Port: Loki's HTTP port defaults to 3100. If you're accessing Loki directly (not through a reverse proxy), use http://loki.example.com:3100/ready. If your Loki is behind a reverse proxy, use the proxied HTTPS URL.

Microservices mode: In microservices deployments, each component (distributor, ingester, querier, query-frontend) has its own /ready endpoint. Monitor the component URLs individually if you route traffic per component.

Step 2: Create a Vigilmon HTTP Monitor for the Ready Endpoint

Log in to Vigilmon → Add Monitor → HTTP.
URL: https://loki.example.com/ready.
Check interval: 60 seconds.
Response timeout: 10 seconds.
Expected status: 200.
Keyword: ready (the exact response body of a healthy Loki instance).
Click Save.

This monitor catches:

Loki process crashes or OOM kills (common when ingesting high-cardinality streams)
Storage backend failures (S3, GCS, or local filesystem issues that cause Loki to go not-ready)
Ring membership failures in distributed mode
Loki startup failures after configuration changes

Alert sensitivity: Set alerts to trigger after 1 consecutive failure.
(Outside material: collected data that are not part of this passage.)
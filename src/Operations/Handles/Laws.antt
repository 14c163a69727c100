-- ===== src/Operations/Handles/Laws.antt =====
-- operations.go: what resuming makes of the handle of a resumed operation.
use forward_go_sdk.Prelude.{
  ℕ, ◌<◌, ◌==◌, ◌≡◌, arith, true, ◌||◌, some, some_inj, Bool-cases, inl, inr, if◌then◌else◌,
}
use mathlib.Core.Path.{subst}
use forward_go_sdk.Text.{is_empty, trim_space}
use forward_go_sdk.Text.Laws.{trim_space_idem}
use forward_go_sdk.Operations.Types.{
  CollectionHandle, CollectionState, Operation, SnapshotHandle, SnapshotState,
}
use forward_go_sdk.Operations.Handles.{
  is_valid, trimmed, resumed_state, resume_collection, resume_snapshot,
}

trimmed_idem : (h : CollectionHandle) → trimmed (trimmed h) ≡ trimmed h
unfolding trimmed
trimmed_idem h = simp trim_space_idem

is_valid-trimmed : (h : CollectionHandle) → is_valid (trimmed h) ≡ is_valid h
unfolding is_valid trimmed
is_valid-trimmed h = simp trim_space_idem

-- A clock that has been set stays.
stamp_stays :
    (p now later : ℕ)
    → 0 < now
    → (let q = if p == 0 then now else p in if q == 0 then later else q)
      ≡ (if p == 0 then now else p)
stamp_stays p now later h = ground arith

resumed_again :
    (now later : ℕ) (h : CollectionHandle)
    → 0 < now
    → resumed_state later (trimmed (resumed_state now (trimmed h)).handle)
      ≡ resumed_state now (trimmed h)
unfolding resumed_state trimmed
resumed_again now later h p = elim (Bool-cases (is_empty (trim_space h.snapshot_id))) [
  | inl e ↦ simp (e, trim_space_idem)
  | inr e ↦ simp (e, trim_space_idem, stamp_stays h.processing_started_at now later p)
]

resumed_valid :
    (now : ℕ) (h : CollectionHandle)
    → is_valid h ≡ true
    → is_valid (resumed_state now (trimmed h)).handle ≡ true
unfolding resumed_state trimmed is_valid
resumed_valid now h v = elim (Bool-cases (is_empty (trim_space h.snapshot_id))) [
  | inl e ↦ simp (e, trim_space_idem) v
  | inr e ↦ simp (e, trim_space_idem) v
]

-- If a handle can be resumed at a time above 0, the handle of the resumed collection operation,
-- resumed at any other time, gives the same operation again.
pub resume_collection_durable :
    (now later : ℕ) (h : CollectionHandle) (op : Operation CollectionState)
    → 0 < now
    → resume_collection now h ≡ some op
    → resume_collection later op.state.handle ≡ some op
unfolding resume_collection
resume_collection_durable now later h op p e = elim (Bool-cases (is_valid h)) [
  | inl v ↦
      subst (λ o. resume_collection later o.state.handle ≡ some o) (some_inj (rw v at e))
        (rw (resumed_valid now h v, resumed_again now later h p))
  | inr v ↦ cc (rw v at e)
]

-- If a handle can be resumed at a time above 0, the handle of the resumed snapshot operation,
-- resumed at any other time, gives the same operation again.
pub resume_snapshot_durable :
    (now later : ℕ) (h : SnapshotHandle) (op : Operation SnapshotState)
    → 0 < now
    → resume_snapshot now h ≡ some op
    → resume_snapshot later op.state.handle ≡ some op
unfolding resume_snapshot
resume_snapshot_durable now later h op p e =
    elim (Bool-cases (is_empty (trim_space h.network_id) || is_empty (trim_space h.snapshot_id))) [
      | inl v ↦ cc (rw v at e)
      | inr v ↦
          subst (λ o. resume_snapshot later o.state.handle ≡ some o) (some_inj (rw v at e))
            (simp (v, trim_space_idem, stamp_stays h.started_at now later p))
    ]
When Loki is not ready, log ingestion stops. Gaps in log data during an ongoing incident make root-cause analysis much harder.
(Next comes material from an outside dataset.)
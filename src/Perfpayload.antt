-- ===== src/Perfpayload.antt =====
-- perfpayload: uploads of performance samples.
pub mod Watermark
pub mod Encode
Step 3: Monitor Loki's Metrics Endpoint

Loki exposes Prometheus metrics at /metrics. This endpoint is used by Prometheus or Grafana Alloy to scrape Loki's own operational metrics (ingestion rate, query latency, error rates). Monitoring it from Vigilmon confirms that the metrics pipeline is functioning:

curl https://loki.example.com/metrics | head -20

A healthy Loki returns a large text response starting with:

# HELP loki_build_info A metric with a constant '1' value labeled by version...
# TYPE loki_build_info gauge
loki_build_info{...} 1

Add Monitor → HTTP.
URL: https://loki.example.com/metrics.
Check interval: 2 minutes.
Response timeout: 15 seconds.
Expected status: 200.
Keyword: loki_build_info (always present in Loki metrics output).
Label: Loki metrics endpoint.
Click Save.

Why monitor the metrics endpoint? If Loki's metrics endpoint goes down, your Prometheus scrapes start failing — you lose visibility into Loki's own health metrics (ingestion lag, query errors, chunk utilization). Vigilmon catches this independently of your Prometheus stack so you don't need your observability stack to monitor your observability stack.

Step 4: Monitor the Loki Query API

The Loki query API (/loki/api/v1/query) serves LogQL queries from Grafana dashboards and the logcli command-line tool. A healthy query API is what enables engineers to search logs during incidents. Test it with a simple label query:

curl "https://loki.example.com/loki/api/v1/labels"

A healthy Loki query frontend returns:

{"status": "success", "data": [...]}

Add Monitor → HTTP.
URL: https://loki.example.com/loki/api/v1/labels.
Check interval: 2 minutes.
Response timeout: 15 seconds.
Expected status: 200.
Keyword: "status":"success" (confirms the query frontend processed the request).
Label: Loki query API.
Click Save.

When the query API monitor fires but the /ready endpoint is green, you have a query frontend issue separate from the ingestion pipeline — common in microservices mode when the querier or query-frontend component is degraded while the distributor/ingester continues working.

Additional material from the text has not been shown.